• REQUIRED WORK:
Every line that includes the word "limited" needs to be copied from the listing.

• ENTRIES SHOWN:
Content starts

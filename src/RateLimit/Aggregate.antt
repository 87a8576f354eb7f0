-- ===== src/RateLimit/Aggregate.antt =====
-- Requests with one API key within a window, from any addresses.
use api_paperbase.Base.{
  ℕ, ◌+◌, ◌≤◌, ◌≡◌, Bool, true, false, Option, none, some, List, [], ◌∷◌, if◌then◌else◌,
}
use api_paperbase.RateLimit.{Cache, Reason, storefront_rate_check}
use api_paperbase.RateLimit.Window.{Laws, number}

abbrev is_allowed : Option Reason → Bool
is_allowed none = true
is_allowed (some reason) = false

module _ {S : Type 0} (cache : Cache S) where
  -- How many of the requests from these addresses are allowed.
  unfoldable pub count_allowed : (store api_key per_ip_limit aggregate_limit : ℕ) → List ℕ → S → ℕ
  count_allowed store api_key per_ip_limit aggregate_limit [] s = 0
  count_allowed store api_key per_ip_limit aggregate_limit (ip ∷ ips) s =
      let (reason, s') =
        storefront_rate_check cache store api_key ip per_ip_limit aggregate_limit s in
      (if is_allowed reason then 1 else 0)
      + count_allowed store api_key per_ip_limit aggregate_limit ips s'

module _ {S : Type 0} (cache : Cache S) (laws : Laws cache) where
  -- What one request does to the number of its API key.
  abbrev Bounded : (api_key limit n : ℕ) → Option Reason × S → Type 0
  Bounded api_key limit n (reason, s) =
      (n ≤ number cache laws api_key s)
      × (is_allowed reason ≡ true
          → (number cache laws api_key s ≡ n + 1) × (number cache laws api_key s ≤ limit))
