-- ===== src/RateLimit/Cooldown.antt =====
-- The cooldowns of sensitive actions (engine/core/rate_limit_service.py). Times are microseconds; the
-- cache is a parameter, read at a time, and `lower` is Python's `str.lower`. An error of the cache is
-- not caught by this code, and not modelled.
mod Tests
use api_paperbase.Base.{
  ℕ, ◌+◌, ◌-◌, ◌*◌, ◌/◌, ◌≤◌, ◌<◌, ◌≡◌, refl, ap, sym, ◌∙◌, Bool, true, false, Option, none, some,
  ◌++◌, ltb, leb, if◌then◌else◌, arith, Bool-cases, inl, inr,
}
use mathlib.Core.Path.{subst}
use api_paperbase.Base.Text.{Text, codes, strip, is_empty, text_eq}
use api_paperbase.Base.Results.{Result, ok, err, is_ok}

pub record Cache (S : Type 0) : Type 0 where
  pub get : (now : ℕ) → Text → S → Option ℕ
  pub set : (now : ℕ) → Text → (value seconds : ℕ) → S → S

abbrev pub second : ℕ
second = 1000000

-- A value can be read until its timeout has passed, and is gone then.
pub record IsTimed {S : Type 0} (cache : Cache S) : Type 0 where
  pub set_held :
      (now later : ℕ) (key : Text) (value seconds : ℕ) (s : S)
      → later < now + seconds * second
      → cache.get later key (cache.set now key value seconds s) ≡ some value
  pub set_expired :
      (now later : ℕ) (key : Text) (value seconds : ℕ) (s : S)
      → now + seconds * second ≤ later
      → cache.get later key (cache.set now key value seconds s) ≡ none

-- `RATE_LIMITS`, the cooldown of an action in seconds.
unfoldable pub cooldown_of : Text → Option ℕ
unfolding text_eq
cooldown_of action =
    if text_eq action (codes "password_reset")
    then some 120
    else if text_eq action (codes "email_verification_resend")
    then some 120
    else if text_eq action (codes "2fa_recovery_request")
    then some 120
    else none

pub record RateLimitExceeded : Type 0 where
  pub action : Text
  pub retry_after : ℕ

-- `store_id or "platform"`
abbrev pub scope_of : Option Text → Text
scope_of none = codes "platform"
scope_of (some t) = if is_empty t then codes "platform" else t

unfoldable pub build_key : (Text → Text) → Option Text → Text → Text → Text
unfolding strip
build_key lower store_id action identifier =
    codes "rate:"
    ++ scope_of store_id
    ++ codes ":"
    ++ action
    ++ codes ":"
    ++ lower (strip identifier)

-- The test on the time that the cache holds.
unfoldable pub answer : ℕ → Option ℕ → Bool × ℕ
answer now none = (true, 0)
answer now (some expires_at) =
    let remaining = (expires_at - now) / second in
    if ltb 0 remaining then (false, remaining) else (true, 0)

module _ {S : Type 0} (cache : Cache S) (lower : Text → Text) where
  unfoldable pub check_rate_limit : ℕ → Option Text → Text → Text → S → Bool × ℕ
  unfolding cooldown_of build_key answer
  check_rate_limit now store_id action identifier s = elim (cooldown_of action) [
    | none ↦ (true, 0)
    | some _ ↦ answer now (cache.get now (build_key lower store_id action identifier) s)
  ]

  unfoldable pub enforce_rate_limit :
      ℕ → Option Text → Text → Text → S → Result RateLimitExceeded (Unit {0})
  unfolding check_rate_limit
  enforce_rate_limit now store_id action identifier s =
      let (allowed, retry_after) = check_rate_limit now store_id action identifier s in
      if allowed then ok tt else err (record { action = action; retry_after = retry_after })

  unfoldable pub record_action : ℕ → Option Text → Text → Text → S → S
  unfolding cooldown_of build_key
  record_action now store_id action identifier s = elim (cooldown_of action) [
    | none ↦ s
    | some cooldown ↦
        cache.set now (build_key lower store_id action identifier) (now + cooldown * second)
          cooldown s
  ]

  unfoldable pub get_retry_after : ℕ → Option Text → Text → Text → S → ℕ
  unfolding check_rate_limit
  get_retry_after now store_id action identifier s =
      (check_rate_limit now store_id action identifier s).1

-- Whether an action is allowed, and the rest of a cooldown that started at `now`.
abbrev IsCooling : ℕ → ℕ → ℕ → Bool × ℕ → Type 0
IsCooling now later cooldown r =
    (r.0 ≡ ltb (now + cooldown * second) (later + second)) × (r.1 ≤ cooldown)

answer-IsCooling :
    (now later cooldown : ℕ)
    → now ≤ later
    → IsCooling now later cooldown (answer later (some (now + cooldown * second)))
unfolding answer
answer-IsCooling now later cooldown h =
    elim (Bool-cases (ltb 0 ((now + cooldown * second - later) / second))) [
      | inl e ↦ rw e (ground (arith, e), omega (arith, h))
      | inr e ↦ rw e (ground (arith, e), omega arith)
    ]

answer-expired :
    (now later cooldown : ℕ)
    → now + cooldown * second ≤ later
    → IsCooling now later cooldown (answer later none)
unfolding answer
answer-expired now later cooldown h = (ground (arith, h), omega arith)

same_key :
    (lower : Text → Text) (store_id : Option Text) (action identifier again : Text)
    → lower (strip identifier) ≡ lower (strip again)
    → build_key lower store_id action identifier ≡ build_key lower store_id action again
unfolding build_key
same_key lower store_id action identifier again e =
    ap (λ (t : Text). codes "rate:" ++ scope_of store_id ++ codes ":" ++ action ++ codes ":" ++ t) e

module _ {S : Type 0} (cache : Cache S) (lower : Text → Text) (timed : IsTimed cache) where
  held :
      (now later : ℕ) (key : Text) (cooldown : ℕ) (s : S)
      → now ≤ later
      → IsCooling now later cooldown (
          answer later
            (cache.get later key (cache.set now key (now + cooldown * second) cooldown s)))
  held now later key cooldown s h = elim (Bool-cases (ltb later (now + cooldown * second))) [
    | inl e ↦
        let before : later < now + cooldown * second = ground (arith, e) in
        rw (timed.set_held now later key (now + cooldown * second) cooldown s before)
          (answer-IsCooling now later cooldown h)
    | inr e ↦
        let after : now + cooldown * second ≤ later = ground (arith, e) in
        rw (timed.set_expired now later key (now + cooldown * second) cooldown s after)
          (answer-expired now later cooldown after)
  ]

  check_eq :
      (now cooldown : ℕ) (store_id : Option Text) (action identifier : Text) (s : S)
      → cooldown_of action ≡ some cooldown
      → check_rate_limit cache lower now store_id action identifier s
        ≡ answer now (cache.get now (build_key lower store_id action identifier) s)
  unfolding check_rate_limit
  check_eq now cooldown store_id action identifier s limited = cc limited

  record_eq :
      (now cooldown : ℕ) (store_id : Option Text) (action identifier : Text) (s : S)
      → cooldown_of action ≡ some cooldown
      → record_action cache lower now store_id action identifier s
        ≡ cache.set now
            (build_key lower store_id action identifier)
            (now + cooldown * second)
            cooldown
            s
  unfolding record_action
  record_eq now cooldown store_id action identifier s limited = cc limited

  -- The check of an action after its record, also under another spelling of the identifier.
  check-IsCooling :
      (now later cooldown : ℕ) (store_id : Option Text) (action identifier again : Text) (s : S)
      → cooldown_of action ≡ some cooldown
      → now ≤ later
      → lower (strip again) ≡ lower (strip identifier)
      → IsCooling now later cooldown (
          check_rate_limit cache lower later store_id action again
            (record_action cache lower now store_id action identifier s))
  check-IsCooling now later cooldown store_id action identifier again s limited h same =
      rw
        (
          check_eq later cooldown store_id action again _ limited,
          record_eq now cooldown store_id action identifier s limited,
        )
        (subst
          (λ (k : Text). IsCooling now later cooldown (
            answer later (
              cache.get later k (
                cache.set now (build_key lower store_id action identifier) (now + cooldown * second)
                  cooldown s))))
          (same_key lower store_id action identifier again (sym same))
          (held now later (build_key lower store_id action identifier) cooldown s h))

  -- With a cache that keeps a value for its timeout and no longer, an action with a cooldown that was
  -- recorded at `now` is allowed at a later time exactly if less than a second of the cooldown is left, and
  -- the time to wait that is reported is never more than the cooldown. An identifier with the same lower
  -- case, without its outer spaces, counts as the same.
  pub cooldown-IsCooling :
      (now later cooldown : ℕ) (store_id : Option Text) (action identifier again : Text) (s : S)
      → cooldown_of action ≡ some cooldown
      → now ≤ later
      → lower (strip again) ≡ lower (strip identifier)
      → (is_ok (
            enforce_rate_limit cache lower later store_id action again
              (record_action cache lower now store_id action identifier s))
          ≡ ltb (now + cooldown * second) (later + second))
        × (get_retry_after cache lower later store_id action again
              (record_action cache lower now store_id action identifier s)
            ≤ cooldown)
  unfolding enforce_rate_limit get_retry_after
  cooldown-IsCooling now later cooldown store_id action identifier again s limited h same =
      let (allowed, wait) =
        check-IsCooling now later cooldown store_id action identifier again s limited h same in
      (allowed_ok _ _ ∙ allowed, wait)
    where
      allowed_ok :
          (r : Bool × ℕ) (name : Text)
          → is_ok {E = RateLimitExceeded} {A = Unit {0}}
              (if r.0 then ok tt else err (record { action = name; retry_after = r.1 }))
            ≡ r.0
      allowed_ok r name = elim (Bool-cases r.0) [ inl e ↦ rw e refl | inr e ↦ rw e refl ]
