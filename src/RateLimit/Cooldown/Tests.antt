-- ===== src/RateLimit/Cooldown/Tests.antt =====
-- A cooldown in a cache that holds one entry with its time of expiry.
use api_paperbase.Base.{
  ℕ, ◌+◌, ◌*◌, ◌<◌, ◌≤◌, ◌≡◌, refl, Option, none, some, ltb, if◌then◌else◌, arith,
}
use api_paperbase.Base.Text.{Text, codes, text_eq, text_eq_refl, strip}
use api_paperbase.Base.Results.{is_ok}
use api_paperbase.RateLimit.Cooldown.{
  Cache, IsTimed, second, cooldown_of, enforce_rate_limit, record_action, get_retry_after,
  cooldown-IsCooling,
}

record Entry : Type 0 where
  key : Text
  value : ℕ
  expires : ℕ

abbrev read_entry : ℕ → Text → Option Entry → Option ℕ
read_entry now key none = none
read_entry now key (some e) =
    if text_eq e.key key then (if ltb now e.expires then some e.value else none) else none

abbrev memory : Cache (Option Entry)
memory = record {
  get = read_entry;
  set = λ now key value seconds s.
      some (record { key = key; value = value; expires = now + seconds * second });
}

memory-IsTimed : IsTimed memory
memory-IsTimed = record {
  set_held = λ now later key value seconds s h.
      rw (text_eq_refl key) (held later (now + seconds * second) value h);
  set_expired = λ now later key value seconds s h.
      rw (text_eq_refl key) (gone later (now + seconds * second) value h);
}
  where
    held : (n m value : ℕ) → n < m → (if ltb n m then some value else none) ≡ some value
    held n m value h = ground (arith, h)

    gone : (n m value : ℕ) → m ≤ n → (if ltb n m then some value else none) ≡ none
    gone n m value h = ground (arith, h)

-- A minute after a request for a password, the request is refused.
cooldown-IsCooling_example :
    let s =
      record_action memory (λ t. t) 5000000 none (codes "password_reset") (codes "a@b") none in
    (is_ok
        (enforce_rate_limit memory (λ t. t) 65000000 none (codes "password_reset") (codes " a@b") s)
      ≡ ltb (5000000 + 120 * second) (65000000 + second))
    × (get_retry_after memory (λ t. t) 65000000 none (codes "password_reset") (codes " a@b") s
        ≤ 120)
unfolding strip cooldown_of
cooldown-IsCooling_example =
    cooldown-IsCooling memory (λ t. t) memory-IsTimed 5000000 65000000 120 none
      (codes "password_reset") (codes "a@b") (codes " a@b") none refl (omega arith) refl
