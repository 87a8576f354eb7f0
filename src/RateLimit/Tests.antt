-- ===== src/RateLimit/Tests.antt =====
-- A cache in memory, as a function from keys to counters.
use api_paperbase.Base.{
  ℕ, suc, ◌≡◌, refl, Bool, false, ◌&&◌, Option, none, some, [], ◌∷◌, ◌==◌, if◌then◌else◌,
}
use api_paperbase.Base.Int.{pos}
use api_paperbase.Base.Text.{codes}
use api_paperbase.Base.Results.{Result, ok, err}
use api_paperbase.RateLimit.{
  Key, ip_key, agg_key, invalid_key, CacheError, value_error, next_count, Cache, text, absent,
  resolve_storefront_aggregate_limit, storefront_rate_check,
}
use api_paperbase.RateLimit.Aggregate.{count_allowed}

abbrev same_key : Key → Key → Bool
same_key (ip_key s i) (ip_key t j) = s == t && i == j
same_key (agg_key a) (agg_key b) = a == b
same_key (invalid_key a) (invalid_key b) = a == b
same_key (ip_key s i) (agg_key b) = false
same_key (ip_key s i) (invalid_key b) = false
same_key (agg_key a) (ip_key t j) = false
same_key (agg_key a) (invalid_key b) = false
same_key (invalid_key a) (ip_key t j) = false
same_key (invalid_key a) (agg_key b) = false

abbrev Memory : Type 0
Memory = Key → Option ℕ

abbrev stored : Key → ℕ → Memory → Memory
stored key n s k = if same_key k key then some n else s k

abbrev incremented : Key → Option ℕ → Memory → Result CacheError ℕ × Memory
incremented key none s = (err value_error, s)
incremented key (some n) s = (ok (suc n), stored key (suc n) s)

abbrev memory : Cache Memory
memory = record {
  is_redis = false;
  incr = λ key s. incremented key (s key) s;
  set = λ key value seconds s. (ok tt, stored key value s);
  redis_incr = λ key s. (ok (next_count (s key)), stored key (next_count (s key)) s);
  redis_expire = λ key seconds s. (ok tt, s);
}

two_allowed : count_allowed memory 7 9 400 2 (1 ∷ 2 ∷ 1 ∷ []) (λ k. none) ≡ 2
unfolding count_allowed storefront_rate_check
two_allowed = refl

limit_example :
    resolve_storefront_aggregate_limit (λ t. some (pos 300)) 5000 absent (text (codes " 300")) ≡ 300
unfolding resolve_storefront_aggregate_limit
limit_example = refl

Content ends

• RESULT:
  check_eq now cooldown store_id action identifier s limited = cc limited
  record_eq now cooldown store_id action identifier s limited = cc limited
  check-IsCooling now later cooldown store_id action identifier again s limited h same =
          check_eq later cooldown store_id action again _ limited,
          record_eq now cooldown store_id action identifier s limited,
  cooldown-IsCooling now later cooldown store_id action identifier again s limited h same =
        check-IsCooling now later cooldown store_id action identifier again s limited h same in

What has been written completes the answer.